1 alter the order of operations in the data input stream. Typically, if you put your randomization operations early, they can operate on 'low weight' entities, like file names, rather than on tensors. 2 use pre-fetching to let your cpu processes stream data during gpu calculations

train_data  = train_data.map(mapData,
                  num_parallel_calls=tf.data.experimental.AUTOTUNE)
train_data  = train_data.padded_batch(batchsize)
train_data  = train_data.prefetch(10)

So, mapping and batching happens last (this is usually preferred for maximizing gpu throughput, but it can depend on other factors, like data size (pre and post-tensorizing), and how computationally expensive your map function is).

Finally, you can tune the prefetch size to maximize gpu throughput, constrained by system memory and memory speed.

So, how does this all impact the 'optimal' number of data items in each sharded file?

Obviously, if your data/file size is > your blocksize, blocksize becomes irrelevant, and you might as well read each file completely. Typically, if you are going to use this paradigm, you wand blocksize << data/file. I use 10x; so if my blocksize is 1000, I have ~10,000 data items in the file. This may not be optimal, but so far I can maintain >90% gpu usage using this approach on my specific hardware. If you want to tune for your hardware, you could start somewhere at ~10x and adjust, based on whatever you are specifically trying to optimize.

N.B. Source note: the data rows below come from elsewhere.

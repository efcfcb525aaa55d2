-- ===== src/Networks/Isolation/Peerings.antt =====
-- The endpoints on peerings and firewall rules keep the tenants apart: what they check is what the new
-- row needs.
use dbsaa_s.Prelude.{ℕ, ◌≡◌, false, Option, some, String, arith, ◌==◌, look-find, ◌∙◌}
use dbsaa_s.Prelude.Int.{ℤ}
use dbsaa_s.Models.{AuthUser, NetworkPeering}
use dbsaa_s.Errors.{Result, ok, err}
use dbsaa_s.Platform.{State, Docker, Services}
use dbsaa_s.Platform.Rules.{
  At, Keeps, IsInner, At-pure, At-gets, At-modify, At-throw_if, At-or_throw, At-bind, At-assoc,
  At-new_uuid, At-now_utc, At-attempt,
}
use dbsaa_s.Repository.Networks.{find_by_id, count_members}
use dbsaa_s.Repository.Peerings.{
  is_peering, find_peerings_for_network, find_rules_by_peering, count_peerings_by_user,
  peering_exists, count_rules_by_peering, find_rule_by_id,
}
use dbsaa_s.Repository.Peerings
use dbsaa_s.Networks.Peering.{
  build_peering_response, create_peering, delete_peering, provision_peering, connect_peering,
  finish_peering,
}
use dbsaa_s.Networks.Rules.{
  CreateFirewallRuleRequest, not_end, validate_rule, create_firewall_rule, delete_firewall_rule,
}
use dbsaa_s.Networks.DockerCalls.{
  Keeps-resolve, Keeps-remove_bridge, Keeps-create_peering_network, Keeps-attach_members,
  Keeps-reapply,
}
use dbsaa_s.Networks.Isolation.{
  IsIsolated, IsIsolated-inner, owner, ends, IsEnd, add_peering-IsIsolated, add_rule-IsIsolated,
}
use dbsaa_s.Networks.Isolation.Statements.{
  delete_peering-IsIsolated, delete_rule_row-IsIsolated, update_peering_status-IsIsolated,
  update_peering_bridge-IsIsolated,
}
use dbsaa_s.Networks.Isolation.Handlers.{Iso, At-own_peering}

-- Apart, and both networks are known to be of user `u`.
abbrev SameUser : {W : Type 0} → ℕ → ℕ → ℕ → State W → Type 0
SameUser u a b s = IsIsolated s × ((owner a s.networks ≡ some u) × (owner b s.networks ≡ some u))

SameUser-inner : {W : Type 0} (u a b : ℕ) → IsInner (SameUser {W = W} u a b)
SameUser-inner u a b s w i = (IsIsolated-inner s w i.0, i.1)

-- Apart, and peering `id` is known to join `e`.
abbrev Joins : {W : Type 0} → ℕ → ℕ × ℕ → State W → Type 0
Joins id e s = IsIsolated s × (ends id s.peerings ≡ some e)

Joins-inner : {W : Type 0} (id : ℕ) (e : ℕ × ℕ) → IsInner (Joins {W = W} id e)
Joins-inner id e s w i = (IsIsolated-inner s w i.0, i.1)

IsEnd-of_passed :
    (p : NetworkPeering) (id : ℕ) → not_end p id ≡ false → IsEnd id (p.network_a_id, p.network_b_id)
IsEnd-of_passed p id h = ground arith

module _ {W : Type 0} where
  build_peering_response-IsIsolated :
      (p : NetworkPeering) → Keeps (Iso {W = W}) (build_peering_response p)
  unfolding build_peering_response find_by_id count_members find_rules_by_peering
  build_peering_response-IsIsolated p s i = At-gets _ _ (
      At-or_throw _ _ _ i λ a _.
        At-gets _ _
          (At-or_throw _ _ _ i λ b _. At-gets _ _ (At-gets _ _ (At-gets _ _ (At-pure _ i)))))

module _ {W : Type 0} (svc : Services W) where
  create_peering_row :
      (u a b : ℕ) (server : Option ℕ)
      → (a == b) ≡ false
      → (s : State W) → SameUser u a b s
      → At Iso s (Peerings.create_peering svc u a b server)
  unfolding Peerings.create_peering
  create_peering_row u a b server apart s j =
      At-bind _ _ (At-new_uuid svc (SameUser-inner u a b) j) (λ t k. k.0)
        λ id s₁ j₁.
          At-bind _ _ (At-now_utc svc (SameUser-inner u a b) j₁) (λ t k. k.0)
            λ now s₂ j₂. At-gets _ _ (
              At-throw_if _ _ _ j₂.0 λ _. At-throw_if _ _ _ j₂.0 λ _. At-gets _ _ (
                At-throw_if _ _ _ j₂.0 λ _.
                  At-bind _ _
                    (At-modify _
                      (add_peering-IsIsolated s₂ j₂.0 _ (j₂.1.0, j₂.1.1, λ e. ground arith)))
                    (λ t k. k) λ _ s₃ j₃. At-pure _ j₃))

  pub create_peering-IsIsolated :
      (user : AuthUser) (a b : ℕ) → Keeps Iso (create_peering svc user a b)
  unfolding create_peering find_by_id peering_exists count_peerings_by_user
  create_peering-IsIsolated user a b s i = At-throw_if _ _ _ i λ apart. At-gets _ _ (
      At-or_throw _ _ _ i λ na ea. At-throw_if _ _ _ i λ ownA. At-gets _ _ (
        At-or_throw _ _ _ i λ nb eb. At-throw_if _ _ _ i λ ownB. At-throw_if _ _ _ i λ _.
          At-gets _ _ (
            At-throw_if _ _ _ i λ _. At-gets _ _ (
              At-throw_if _ _ _ i λ _.
                At-bind _ _
                  (create_peering_row user.id a b _ apart s (
                    i,
                    (
                      look-find _ _ s.networks na ea ∙ ground arith,
                      look-find _ _ s.networks nb eb ∙ ground arith,
                    ),
                  ))
                  (λ t k. k)
                  λ p s₁ i₁.
                    At-bind _ _ (build_peering_response-IsIsolated p s₁ i₁) (λ t k. k)
                      λ reply s₂ i₂. At-pure _ i₂))))

  finish_peering-IsIsolated :
      (docker : Docker) (id a b : ℕ) (r : Result String)
      → Keeps Iso (finish_peering svc docker id a b r)
  unfolding finish_peering
  finish_peering-IsIsolated docker id a b (err e) s i = update_peering_status-IsIsolated id _ s i
  finish_peering-IsIsolated docker id a b (ok bridge) s i =
      At-bind _ _ (update_peering_bridge-IsIsolated id bridge s i) (λ t k. k)
        λ _ s₁ i₁.
          At-bind _ _ (Keeps-attach_members svc Iso IsIsolated-inner docker bridge a s₁ i₁)
            (λ t k. k)
            λ _ s₂ i₂.
              At-bind _ _ (Keeps-attach_members svc Iso IsIsolated-inner docker bridge b s₂ i₂)
                (λ t k. k) λ _ s₃ i₃. update_peering_status-IsIsolated id _ s₃ i₃

  connect_peering-IsIsolated :
      (id a b : ℕ) (r : Result Docker) → Keeps Iso (connect_peering svc id a b r)
  unfolding connect_peering
  connect_peering-IsIsolated id a b (err e) s i = update_peering_status-IsIsolated id _ s i
  connect_peering-IsIsolated id a b (ok docker) s i =
      At-bind _ _
        (At-attempt _ (Keeps-create_peering_network svc Iso IsIsolated-inner docker _ s i))
        (λ t k. k) λ made s₁ i₁. finish_peering-IsIsolated docker id a b made s₁ i₁

  pub provision_peering-IsIsolated : (p : NetworkPeering) → Keeps Iso (provision_peering svc p)
  unfolding provision_peering
  provision_peering-IsIsolated p s i =
      At-bind _ _ (At-attempt _ (Keeps-resolve svc Iso IsIsolated-inner p.docker_server_id s i))
        (λ t k. k)
        λ docker s₁ i₁. connect_peering-IsIsolated p.id p.network_a_id p.network_b_id docker s₁ i₁

  pub delete_own_peering-IsIsolated :
      (user : AuthUser) (id : ℕ) → Keeps Iso (delete_peering svc user id)
  unfolding delete_peering
  delete_own_peering-IsIsolated user id s i = At-own_peering user id _ i λ p e.
      At-bind _ _ (Keeps-remove_bridge svc Iso IsIsolated-inner p _ _ _ s i) (λ t k. k)
        λ _ s₁ i₁.
          At-bind _ _ (delete_peering-IsIsolated id s₁ i₁) (λ t k. k) λ _ s₂ i₂. At-pure _ i₂

  create_rule_row :
      (id : ℕ) (e : ℕ × ℕ) (priority : ℤ) (action : String) (src dst : ℕ) (port : Option ℤ)
      (protocol description : Option String)
      → IsEnd src e
      → IsEnd dst e
      → (s : State W) → Joins id e s
      → At Iso s
          (Peerings.create_firewall_rule svc id priority action src dst port protocol description)
  unfolding Peerings.create_firewall_rule
  create_rule_row id e priority action src dst port protocol description hs hd s j =
      At-bind _ _ (At-new_uuid svc (Joins-inner id e) j) (λ t k. k.0)
        λ rid s₁ j₁.
          At-bind _ _ (At-now_utc svc (Joins-inner id e) j₁) (λ t k. k.0)
            λ now s₂ j₂. At-gets _ _ (
              At-throw_if _ _ _ j₂.0 λ _. At-throw_if _ _ _ j₂.0 λ _. At-gets _ _ (
                At-throw_if _ _ _ j₂.0 λ _.
                  At-bind _ _ (At-modify _ (add_rule-IsIsolated s₂ j₂.0 _ (e, j₂.1, hs, hd)))
                    (λ t k. k) λ _ s₃ j₃. At-pure _ j₃))

  pub create_firewall_rule-IsIsolated :
      (user : AuthUser) (id : ℕ) (req : CreateFirewallRuleRequest)
      → Keeps Iso (create_firewall_rule svc user id req)
  unfolding create_firewall_rule validate_rule count_rules_by_peering
  create_firewall_rule-IsIsolated user id req s i = At-own_peering user id _ i λ p e.
      At-assoc _ _ _ (
        At-throw_if _ _ _ i λ _. At-assoc _ _ _ (
          At-throw_if _ _ _ i λ src. At-assoc _ _ _ (
            At-throw_if _ _ _ i λ dst. At-assoc _ _ _ (
              At-throw_if _ _ _ i λ _. At-throw_if _ _ _ i λ _. At-gets _ _ (
                At-throw_if _ _ _ i λ _.
                  At-bind _ _
                    (create_rule_row id _ _ _ _ _ _ _ _ (IsEnd-of_passed p _ src)
                      (IsEnd-of_passed p _ dst) s (i, look-find _ _ s.peerings p e))
                    (λ t k. k)
                    λ rule s₁ i₁.
                      At-bind _ _ (Keeps-reapply svc Iso IsIsolated-inner p s₁ i₁) (λ t k. k)
                        λ _ s₂ i₂. At-pure _ i₂)))))

  pub delete_firewall_rule-IsIsolated :
      (user : AuthUser) (id rule_id : ℕ) → Keeps Iso (delete_firewall_rule svc user id rule_id)
  unfolding delete_firewall_rule find_rule_by_id
  delete_firewall_rule-IsIsolated user id rule_id s i = At-own_peering user id _ i λ p e.
      At-gets _ _ (
        At-or_throw _ _ _ i λ r f. At-throw_if _ _ _ i λ _.
          At-bind _ _ (delete_rule_row-IsIsolated rule_id s i) (λ t k. k)
            λ _ s₁ i₁.
              At-bind _ _ (Keeps-reapply svc Iso IsIsolated-inner p s₁ i₁) (λ t k. k)
                λ _ s₂ i₂. At-pure _ i₂)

If you have very large numbers of files, you may run into problems maintaining good file read streams, but on a modern system you should be able to get to 100,000 files or more and still be fine. Moving large numbers of files around can be difficult, but usually easier than having very small numbers of very big files, so there are some (broad) constraints on file sizes that can impact how many data items/file you end up with. Generally speaking, I'd say having on the order of 100s of files would be ideal for a large dataset. That way you can easily stream files across a network efficiently (again, that will depend on your network). If the data set is small, you'll have 10s to 50s of files, which is fine for streaming, depending on file size (I typically try to hit 100-300MB/file, which works well for moving things around a LAN or WAN).

So, I think file-size and number-of-files places much stronger constraints on your process than number of data items/file, so long as you have an appropriate number of data items/file, given your file read blocksize. Again, you could hyper-shard your files (1 data item/file?), and read entire files into memory, without using file blocking. That might work, and it would certainly be lightweight to shuffle file names, rather than data items. But you might also end up with millions of files!

To really optimize, you'll need to set up an end-to-end training system on a particular machine, and then tweak it to see what works best for your particular data, network, and hardware. So long as your data are effectively randomized and your data files are easy to store/use/share, you just want to optimize gpu throughput. I would be surprised if reordering the data input stream and pre-fetching doesn't get you there.